На что Ангелина не без удовольствия подзаводила ее еще сильнее:

— Я-то Евангелие читала, а ты? Там сказано: сберегший душу свою, потеряет ее, а вот у потерявшего — все о’кей. То есть у того, у кого она уже отделилась от тела...

Алене большого труда стоило сдержаться — не к лицу княжне Вяземской поддаваться на чью-то провокацию и повышать голос в споре, заведомо бесплодном.

Она-то знала твердо: душа, как море, у которого симметрии нет и быть не может...

...Вот тебе и душа...

Вот тебе и море...

Ленка Петрова с детства мечтала увидеть Адриатику, но Адриатика оказалась капканом.

Алена Вяземская со жгучим нетерпением ждала этой поездки в Венецию, но путешествие стало финальным пунктом биографии.

И если картины русской художницы будут иметь в Италии успех, то уже посмертный.

А ее работы, можно сказать, на успех теперь просто обречены: красивая гибель автора поспособствует этому.

Тем более что тело извлекли сразу же, пока оно еще не успело измениться.

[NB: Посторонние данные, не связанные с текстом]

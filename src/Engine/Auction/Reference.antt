-- ===== src/Engine/Auction/Reference.antt =====
-- The bucketed computation against the plain one: each candidate evaluated by the exact demand and
-- supply at its price.
use fair_cross.Prelude.{ℕ, ◌≡◌, ltb, if◌then◌else◌, List, [], ◌∷◌, map, All, arith, refl}
use fair_cross.Domain.Error.{ok}
use fair_cross.Domain.Words.{Price}
use fair_cross.Domain.Order.{Order}
use fair_cross.Engine.Auction.{
  CandidateEvaluation, candidate_prices_from_orders, evaluate, maximizers_of,
  compute_volume_maximizers_from_orders,
}
use fair_cross.Engine.Auction.Totals.{demand, supply, HasSide, Fits}
use fair_cross.Engine.Auction.Candidates.{candidates-IsAscending, candidates_cover}
use fair_cross.Engine.Auction.Bucketing.{bucket_orders_exact}
use fair_cross.Engine.Auction.Running.{running_up_exact, running_down_exact}

-- The volume that can trade at a price: the smaller of demand and supply.
abbrev pub volume : List Order → Price → ℕ
volume os p = if ltb (demand os p) (supply os p) then demand os p else supply os p

-- A price evaluated by the exact demand and supply.
abbrev pub evaluation : List Order → Price → CandidateEvaluation
evaluation os p = record {
  price = p;
  demand = demand os p;
  supply = supply os p;
  executable_volume = volume os p;
}

evaluate_exact :
    (os : List Order) (cs : List Price)
    → evaluate cs (map (demand os) cs) (map (supply os) cs) ≡ map (evaluation os) cs
unfolding evaluate
evaluate_exact os [] = refl
evaluate_exact os (c ∷ cs) = cc (evaluate_exact os cs)

-- On orders with proper sides whose buy quantities fit 64 bits together, and whose sell quantities
-- do, the bucketed computation succeeds and gives the evaluation of every candidate price by its
-- exact demand and supply, with the largest volume and the prices that reach it.
pub compute_exact :
    (os : List Order)
    → All HasSide os
    → Fits os
    → compute_volume_maximizers_from_orders os
      ≡ ok (maximizers_of (map (evaluation os) (candidate_prices_from_orders os)))
unfolding compute_volume_maximizers_from_orders
compute_exact os hs fits = go (candidate_prices_from_orders os) refl
  where
    go :
        (cs : List Price)
        → candidate_prices_from_orders os ≡ cs
        → compute_volume_maximizers_from_orders os
          ≡ ok (maximizers_of (map (evaluation os) (candidate_prices_from_orders os)))
    go [] e = ground (arith)
    go (c ∷ cs) e = ground (
      arith,
      bucket_orders_exact (candidate_prices_from_orders os) os (candidates-IsAscending os)
          (candidates_cover os) fits,
      running_up_exact os (candidate_prices_from_orders os) fits (candidates-IsAscending os)
          (candidates_cover os) hs,
      running_down_exact os (candidate_prices_from_orders os) fits (candidates-IsAscending os)
          (candidates_cover os),
      evaluate_exact os (candidate_prices_from_orders os),
    )
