-- ===== src/Engine/Auction/Optimal.antt =====
-- The clearing price is optimal over all prices, not only over the candidates.
use fair_cross.Prelude.{
  ℕ, ◌≤◌, ◌<◌, ◌≡◌, ◌≢◌, ◌⊎◌, inl, inr, refl, Bool, true, ◌&&◌, ◌||◌, ltb, leb, ◌==◌, if◌then◌else◌,
  List, [], ◌∷◌, map, keep, contains, last_or, All, All-map, arith, Bool-cases,
}
use fair_cross.Domain.Words.{Price, Qty}
use fair_cross.Domain.Order.{Order, is_buy}
use fair_cross.Engine.Auction.{CandidateEvaluation, max_from}
use fair_cross.Engine.Auction.Totals.{weight, demand, supply_monotone}
use fair_cross.Engine.Auction.Candidates.{IsAscending, above_head}
use fair_cross.Engine.Auction.Reference.{volume, evaluation}

-- No buy order is priced from `p` up to the candidate.
abbrev pub Beyond : Price → List Price → Order → Type 0
Beyond p cs o = (ltb o.price p || contains o.price cs) ≡ true

demand_at_next :
    (os : List Order) (p c : Price) (cs : List Price)
    → IsAscending (c ∷ cs)
    → p ≤ c
    → All (Beyond p (c ∷ cs)) os
    → demand os p ≤ demand os c
demand_at_next [] p c cs a h b = omega arith
demand_at_next (o ∷ os) p c cs a h b = omega (arith, here, demand_at_next os p c cs a h b.1)
  where
    here :
        weight (λ r. is_buy r.side && leb p r.price) o
        ≤ weight (λ r. is_buy r.side && leb c r.price) o
    here = ground (arith, b.0, above_head o.price c cs a.0)

no_demand : (os : List Order) (p : Price) → All (Beyond p []) os → demand os p ≡ 0
no_demand [] p b = refl
no_demand (o ∷ os) p b = omega (arith, here, no_demand os p b.1)
  where
    here : weight (λ r. is_buy r.side && leb p r.price) o ≡ 0
    here = ground (arith, b.0)

-- What bounds the volume at every candidate bounds it at every price.
pub volume_bound :
    (os : List Order) (p : Price) (v : ℕ) (cs : List Price)
    → IsAscending cs
    → All (λ c. volume os c ≤ v) cs
    → All (Beyond p cs) os
    → volume os p ≤ v
volume_bound os p v [] a h b = ground (arith, no_demand os p b)
volume_bound os p v (c ∷ cs) a h b = elim (Bool-cases (ltb c p)) [
  | inl e ↦
      volume_bound os p v cs a.1 h.1 (All-map {P = Beyond p (c ∷ cs)} (λ o q. ground arith) os b)
  | inr e ↦
      let above : p ≤ c = ground arith in
      ground (arith, demand_at_next os p c cs a above b, supply_monotone os p c above, h.0)
]

-- The running maximum bounds its start and every evaluation, and is one of them.
pub max_from-ge : (m : Qty) (es : List CandidateEvaluation) → m ≤ max_from m es
unfolding max_from
max_from-ge m [] = omega arith
max_from-ge m (e ∷ es) = ground (arith, max_from-ge m es, max_from-ge e.executable_volume es)

pub max_from_bound :
    (os : List Order) (m : Qty) (cs : List Price)
    → All (λ c. volume os c ≤ max_from m (map (evaluation os) cs)) cs
unfolding max_from
max_from_bound os m [] = tt
max_from_bound os m (c ∷ cs) = (
  ground (
    arith,
    max_from-ge m (map (evaluation os) cs),
    max_from-ge (volume os c) (map (evaluation os) cs),
  ),
  max_from_bound os (if ltb m (volume os c) then volume os c else m) cs,
)

pub max_from_attained :
    (os : List Order) (m : Qty) (cs : List Price)
    → (max_from m (map (evaluation os) cs) ≡ m)
      ⊎ (contains (max_from m (map (evaluation os) cs)) (map (volume os) cs) ≡ true)
unfolding max_from
max_from_attained os m [] = inl refl
max_from_attained os m (c ∷ cs) =
    ground (arith, max_from_attained os (if ltb m (volume os c) then volume os c else m) cs)

-- The maximizing prices are the candidates with the largest volume.
pub maximizing :
    (os : List Order) (v : ℕ) (cs : List Price)
    → map
        (λ (e : CandidateEvaluation). e.price)
        (keep (λ e. e.executable_volume == v) (map (evaluation os) cs))
      ≡ keep (λ c. volume os c == v) cs
maximizing os v [] = refl
maximizing os v (c ∷ cs) = ground (arith, maximizing os v cs)

pub All-keep :
    (P : Price → Type 0) (t : Price → Bool) (cs : List Price) → All P cs → All P (keep t cs)
All-keep P t [] h = tt
All-keep P t (c ∷ cs) h = ground (arith, All-keep P t cs h.1)

pub keep-IsAscending :
    (t : Price → Bool) (cs : List Price) → IsAscending cs → IsAscending (keep t cs)
keep-IsAscending t [] h = tt
keep-IsAscending t (c ∷ cs) h =
    ground (arith, keep-IsAscending t cs h.1, All-keep (λ q. c < q) t cs h.0)

pub keep_passes :
    (os : List Order) (v : ℕ) (cs : List Price)
    → All (λ c. volume os c ≡ v) (keep (λ c. volume os c == v) cs)
keep_passes os v [] = tt
keep_passes os v (c ∷ cs) = elim (Bool-cases (volume os c == v)) [
  | inl e ↦ rw e (ground arith, keep_passes os v cs)
  | inr e ↦ rw e (keep_passes os v cs)
]

pub keep_nonempty :
    (os : List Order) (v : ℕ) (cs : List Price)
    → contains v (map (volume os) cs) ≡ true
    → keep (λ c. volume os c == v) cs ≢ []
keep_nonempty os v [] h e = cc
keep_nonempty os v (c ∷ cs) h e = ground (arith, keep_nonempty os v cs)

pub All-last :
    (P : Price → Type 0) (p : Price) (ps : List Price) → P p → All P ps → P (last_or ps p)
All-last P p [] h k = h
All-last P p (q ∷ qs) h k = All-last P q qs k.0 k.1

Молодая привлекательная утопленница с пропорциями Венеры Милосской вызовет всеобщее сочувствие: она чем-то сродни русалке, сказочному, таинственному существу.

А потому можно быть уверенной: от желающих взглянуть на полотна трагически погибшей девушки-художницы отбоя не будет. Мертвых принято почитать. Возможно даже, что целый выставочный день организаторы посвятят «светлой памяти» Петровой-Вяземской.

И критики наверняка станут наперебой превозносить достоинства ее пейзажей, каких только эпитетов не напридумывают: углядят в них и «глубину постижения мира при внешней сдержанности», и «величие скромности», и другую подобную ерунду.

Не исключено, что иные, гордясь собственной проницательностью, «распознают» в ее холстах веяние трагизма и интуитивное предчувствие безвременной кончины. А то и пуще того: станут доказывать, что в этих простых нежных картинках зашифрована фрейдистская подсознательная тяга к смерти...

Что за чушь вечно несут эти искусствоведы!

Ничего Алена Вяземская не предчувствовала. И умирать она вовсе не собирал ась.

И если бы сейчас легкие ее не были заполнены соленой морской водой, она бы крикнула во весь голос: «Мне безумно жаль — слышите вы, бумагомараки?! — до боли жаль расставаться и с зеленой травой, и с небом оттенка светлого индиго, и с этим проклятым и безумно-прекрасным морем, настоящий колорит которого я так и не успела уловить».

И еще она добавила бы: «У меня даже не хватило времени понять, какого цвета глаза и волосы у того венецианца, который извлек меня из воды. Блондин он или брюнет? Черноглазый, как большинство итальянцев, или синеглазый? Попроси кто-то написать его портрет по памяти — не смогла бы... Увы, уже никогда и не смогу. И это невыносимо горько... Какие теперь портреты! Меня ждет лишь один—единственный, мой собственный, точечно выбитый кладбищенским художником по фотографии на темном камне, граните или лабрадоре, над датами рождения и смерти. Смерти?!»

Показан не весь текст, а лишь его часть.